*** Opening of Exercise materials ***

-- ===== src/Link/Receive.antt =====
-- `zipc_recv` of src/core/zipc.c.
pub mod Delivery
use z_ipc.Base.{ℕ, zero, suc, Bool, true, false, Option, none, some, ◌==◌, not, if◌then◌else◌}
use z_ipc.Status.{
  Status, ok, is_ok, invalid_receiver, recovery_required, component_stale, invalid_state,
  stale_handle, sequence_mismatch,
}
use z_ipc.State.{World, Buffer, Message, buffer_invalid}
use z_ipc.Platform.{Platform}
use z_ipc.Trace.{record_protocol_error}
use z_ipc.Protocol.Claim.{buffer_claim}
use z_ipc.Transport.{Transport, Token, message_zero}
use z_ipc.Link.{Link, epoch_stale}

-- How one round of the loop ends: the transport does not answer, the call returns, or the loop goes
-- on.
pub data Round (T : Type 0) : Type 0 where
  waiting : Round T
  returned : Status → Buffer → T → World → Round T
  skipped : Buffer → T → World → Round T

-- The statuses of a claim after which the message is passed over.
abbrev pub is_passed_over : Status → Bool
is_passed_over invalid_state = true
is_passed_over stale_handle = true
is_passed_over sequence_mismatch = true
is_passed_over _ = false

-- A round from the message that the transport has given on.
unfoldable pub receive_message :
    {T : Type 0} → Transport T → Platform → Link → Message → Token → Buffer → T → World → Round T
receive_message tr p link message token buffer t w =
    let (status, claimed, w1) = buffer_claim p message link.local_component buffer w in
    let (commit_status, committed, t1) = tr.receive_commit token t in
    if not (message.source_component == link.remote_component)
    then returned invalid_receiver buffer t1 (record_protocol_error p w link.local_component)
    else if is_ok status
    then (if is_ok commit_status
        then returned ok (record claimed { owner = link.local_component }) t1 w1
        else returned recovery_required buffer_invalid t1 w1)
    else if is_passed_over status
    then skipped buffer_invalid t1 w1
    else returned status claimed t1 w1

-- A round from the transport's answer on.
unfoldable pub receive_begun :
    {T : Type 0}
    → Transport T
    → Platform
    → Link
    → Buffer
    → World
    → Option (Status × Message × Token × T)
    → Round T
receive_begun tr p link buffer w none = waiting
receive_begun tr p link buffer w (some (status, message, token, t)) =
    if not (is_ok status)
    then returned status buffer t w
    else receive_message tr p link message token buffer t w

unfoldable pub receive_round :
    {T : Type 0} → Transport T → Platform → Link → Buffer → T → World → Round T
receive_round tr p link buffer t w =
    receive_begun tr p link buffer w (tr.receive_begin message_zero t)

-- At most `fuel` rounds; none if they are not enough or the transport does not answer.
unfoldable pub receive_loop :
    {T : Type 0}
    → Transport T
    → Platform
    → Link
    → ℕ
    → Buffer
    → T
    → World
    → Option (Status × Buffer × T × World)
receive_loop tr p link zero buffer t w = none
receive_loop tr p link (suc fuel) buffer t w = elim (receive_round tr p link buffer t w) [
  | waiting ↦ none
  | returned status buffer1 t1 w1 ↦ some (status, buffer1, t1, w1)
  | skipped buffer1 t1 w1 ↦ receive_loop tr p link fuel buffer1 t1 w1
]

unfoldable pub link_recv :
    {T : Type 0}
    → Transport T
    → Platform
    → Link
    → ℕ
    → Buffer
    → T
    → World
    → Option (Status × Buffer × T × World)
link_recv tr p link fuel buffer t w =
    if epoch_stale w link
    then some (component_stale, buffer, t, w)
    else receive_loop tr p link fuel buffer_invalid t w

*** Close of Exercise materials ***

▶ _Exercise description_:
Which lines of the data include the word "else"? Copy each one.

▶ _Answer to this exercise_:
use z_ipc.Base.{ℕ, zero, suc, Bool, true, false, Option, none, some, ◌==◌, not, if◌then◌else◌}
    else if is_ok status
        else returned recovery_required buffer_invalid t1 w1)
    else if is_passed_over status
    else returned status claimed t1 w1
    else receive_message tr p link message token buffer t w
    else receive_loop tr p link fuel buffer_invalid t w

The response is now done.